Здесь мы дадим слово потомку князя Ивана, описавшему его казнь такими словами: «Пришел черед Ивана. В ту страшную минуту выказал он поразительное мужество, он глядел в глаза смерти, и какой смерти! С мужеством поистине русским. В то время как палач рубил ему левую руку, он сказал: „Благодарю Тебя, Господи!“ Палач отсек ему правую руку – он продолжал: „…что сподобил мя…“ И когда рубили ему левую ногу: „и познать Тя…“ Затем он потерял сознание».
Но – ни о пытках мужа, ни о казни его еще не знала Наталья Борисовна.
Возвращение из ссылки
В 1741 году взошла на российский престол Елизавета Петровна, дочь Петра I и Екатерины I. Добрая царица поклялась никого более не казнить, простить тех, кто был безвинно оклеветан и сослан. Вернулась в Москву Наталья Борисовна Долгорукая, вдова печальная, совсем еще молодая (было ей всего 26 лет!). С тех пор Елизавета желала чуть ли не всякий день видеть ее у себя во дворце. Перед гостьей предстала дворцовая жизнь. Вместо полушубков, тулупов – бархат и соболя, вместо крестьянских юбок – французские платья, украшения на оголенных плечах. Комнаты нарядные, канделябры сверкающие, полы, натертые воском, за ломберными столиками важные дамы в париках и кринолинах… Мундиры с золотыми позументами, камзолы в красных тонах…
Императрица, лучезарно улыбаясь, встречала Наталью и Петра, сестру и брата Шереметевых:
– Каково здравие, Петр Борисович?.. Наталья Борисовна, любезная страдалица моя. Как ты поживаешь, голубушка, что сыны твои?
Многое могла бы рассказать она, да только разве нужны в свете искренние ее признания?
– Благодарствую, ваше величество, – склонила голову, лицо без улыбки, строгое.
– Будет, будет тебе церемонии разводить, – жестом остановила несчастную княгиню царица. – Я чаю, ты уж позабыла этикеты дворцовые, а новые – где тебе знать? Не видала я тебя в Петербурге на балах, ну так нынче в Москве развеселишься…
Наталья глядела в эти искрящиеся радостью глаза, в гладкое лицо без единой морщинки, с кожей поразительной белизны, с сочным румянцем, пухлые улыбающиеся губы.
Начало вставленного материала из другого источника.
-- ===== src/EventLoop/Answer.antt =====
-- The responses of src/connection.rs and src/commands.rs keep a connection open.
use lloogg.Prelude.{
  ℕ, Bool, true, false, ◌%◌, ◌+◌, ◌*◌, ◌≤◌, ◌<◌, ◌≡◌, ◌^◌, refl, ap, sym, subst, All, IsByte, ◌∙◌,
  inl, inr, none, some, List, arith, length, min, length-splice, length-set, set, splice, to_le,
  Option-cases, ltb, if◌then◌else◌,
}
use lloogg.Constants.{magic_wire, wbuf_size, status_ok, status_not_found}
use lloogg.Ring.{RingBuffer}
use lloogg.HashMap.{lookup, All-lookup}
use lloogg.Store.{Store, get}
use lloogg.Store.Parts.{IsPlaced}
use lloogg.Store.View.{IsValid}
use lloogg.Connection.{
  Connection, write_response, get_count, header_user_id, write_status_response,
  write_not_found_response,
}
use lloogg.Commands.{records_response, get_command}
use lloogg.EventLoop.Open.{IsOpen}

-- The whole response fits the buffer, and it has bytes to send.
pub wbuf_size-le : (n : ℕ) → 7 + n * 17 ≤ wbuf_size n
wbuf_size-le n = omega arith

-- A response that is ready to be sent, of a connection that was open.
pub record IsAnswer (room : ℕ) (conn c : Connection) : Type 0 where
  pub rbuf : c.rbuf ≡ conn.rbuf
  pub wbuf : length c.wbuf ≡ room
  pub state : c.state ≡ write_response
  pub from_start : c.wbuf_pos ≡ 0
  pub some_byte : 0 < c.wbuf_len
  pub fits : c.wbuf_len ≤ room

pub IsAnswer-IsOpen :
    {room : ℕ} {conn c : Connection}
    → IsOpen room conn
    → IsAnswer room conn c
    → IsOpen room (record c { rbuf_pos = 0 })
IsAnswer-IsOpen i a = record {
  size = ap length a.rbuf ∙ i.size;
  room_eq = a.wbuf;
  bytes = subst (All IsByte) (sym a.rbuf) i.bytes;
  at = rw a.state (omega (arith, a.from_start, a.some_byte), omega (arith, a.fits, a.wbuf));
}

pub write_status_response-IsAnswer :
    {room : ℕ} (conn : Connection) (status : ℕ)
    → length conn.wbuf ≡ room
    → 5 ≤ room
    → IsAnswer room conn (write_status_response conn status)
unfolding write_status_response
write_status_response-IsAnswer conn status size h = record {
  rbuf = refl;
  wbuf =
      length-splice (set (splice conn.wbuf 0 (to_le 2 magic_wire)) 2 status) 3 (to_le 2 0)
      ∙ length-set (splice conn.wbuf 0 (to_le 2 magic_wire)) 2 status
      ∙ length-splice conn.wbuf 0 (to_le 2 magic_wire)
      ∙ size;
  state = refl;
  from_start = refl;
  some_byte = omega arith;
  fits = h;
}

-- The header of a response to GET.
header_size :
    (wbuf : List ℕ) (payload_len actual_count : ℕ)
    → length (
        splice
          (splice (set (splice wbuf 0 (to_le 2 magic_wire)) 2 status_ok) 3 (to_le 2 payload_len))
          5
          (to_le 2 actual_count))
      ≡ length wbuf
header_size wbuf payload_len actual_count =
    length-splice
      (splice (set (splice wbuf 0 (to_le 2 magic_wire)) 2 status_ok) 3 (to_le 2 payload_len)) 5
      (to_le 2 actual_count)
    ∙ length-splice (set (splice wbuf 0 (to_le 2 magic_wire)) 2 status_ok) 3 (to_le 2 payload_len)
    ∙ length-set (splice wbuf 0 (to_le 2 magic_wire)) 2 status_ok
    ∙ length-splice wbuf 0 (to_le 2 magic_wire)

length-if :
    (b : Bool) (header body : List ℕ)
    → length (if b then splice header 7 body else header) ≡ length header
length-if true header body = length-splice header 7 body
length-if false header body = refl

records_response-IsAnswer :
    {n : ℕ} (store : Store) (conn : Connection) (buf : RingBuffer)
    → length conn.wbuf ≡ wbuf_size n
    → buf.count ≤ n
    → IsAnswer (wbuf_size n) conn (records_response store conn buf)
unfolding records_response
records_response-IsAnswer {n} store conn buf size h =
    let count = min buf.count (get_count conn) in
    record {
      rbuf = refl;
      wbuf =
          length-if (ltb 0 count) _ _
          ∙ header_size conn.wbuf ((2 + count * 17) % 2 ^ 16) count
          ∙ size;
      state = refl;
      from_start = refl;
      some_byte = omega arith;
      fits = omega (arith, wbuf_size-le n);
    }

get_command-absent :
    (conn : Connection) (store : Store)
    → lookup (header_user_id conn) store.map_of ≡ none
    → get_command conn store ≡ write_status_response conn status_not_found
unfolding get_command write_not_found_response get
get_command-absent conn store h = ground arith

get_command-found :
    (conn : Connection) (store : Store) {buf : RingBuffer}
    → lookup (header_user_id conn) store.map_of ≡ some buf
    → get_command conn store ≡ records_response store conn buf
unfolding get_command get
get_command-found conn store h = ground arith

-- GET answers within the response buffer whatever count it asks for: the response starts at 0, holds a
-- byte at least, ends inside the buffer of the build's size, which keeps its size, and the request
-- buffer is not touched. The store is valid, of the capacity of the build.
pub get_command-IsAnswer :
    {slots n : ℕ} (conn : Connection) (store : Store)
    → length conn.wbuf ≡ wbuf_size n
    → IsValid slots store
    → store.capacity ≡ n
    → IsAnswer (wbuf_size n) conn (get_command conn store)
get_command-IsAnswer {n = n} conn store size v c =
    elim (Option-cases (lookup (header_user_id conn) store.map_of)) [
      | inl absent ↦ rw (get_command-absent conn store absent) (
          write_status_response-IsAnswer conn status_not_found size (omega (arith, wbuf_size-le n)))
      | inr (buf, found) ↦
          let placed : IsPlaced store.capacity buf =
            All-lookup (IsPlaced store.capacity) (header_user_id conn) store.map_of v.parts.placed
              found in
          rw (get_command-found conn store found)
            (records_response-IsAnswer store conn buf size (omega (arith, placed.ring.count_in, c)))
    ]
Елизавета старалась походить на своего отца и оттого сама, не чинясь, подходила к гостям, расспрашивала со вниманием, однако делала все это по-женски беспечно, быстро переходила из комнаты в комнату.
В столовой уж были накрыты столы. В музыкальной зале группами стояли сиятельные господа, важные сановники, генералы… Князь Голицын заметил Долгорукую и, изобразив на лице радость, бросился к ней:
– Ах, сколь много благодарен я судьбе, что свела с вами! Вы же, так сказать, одна подобная среди нас… Экзотик! Расскажите же про ссылку вашу, про край вечной мерзлоты!
Редко у кого хватало деликатности не спрашивать о пережитом, и Наталья научилась отвечать немногословно и сдержанно.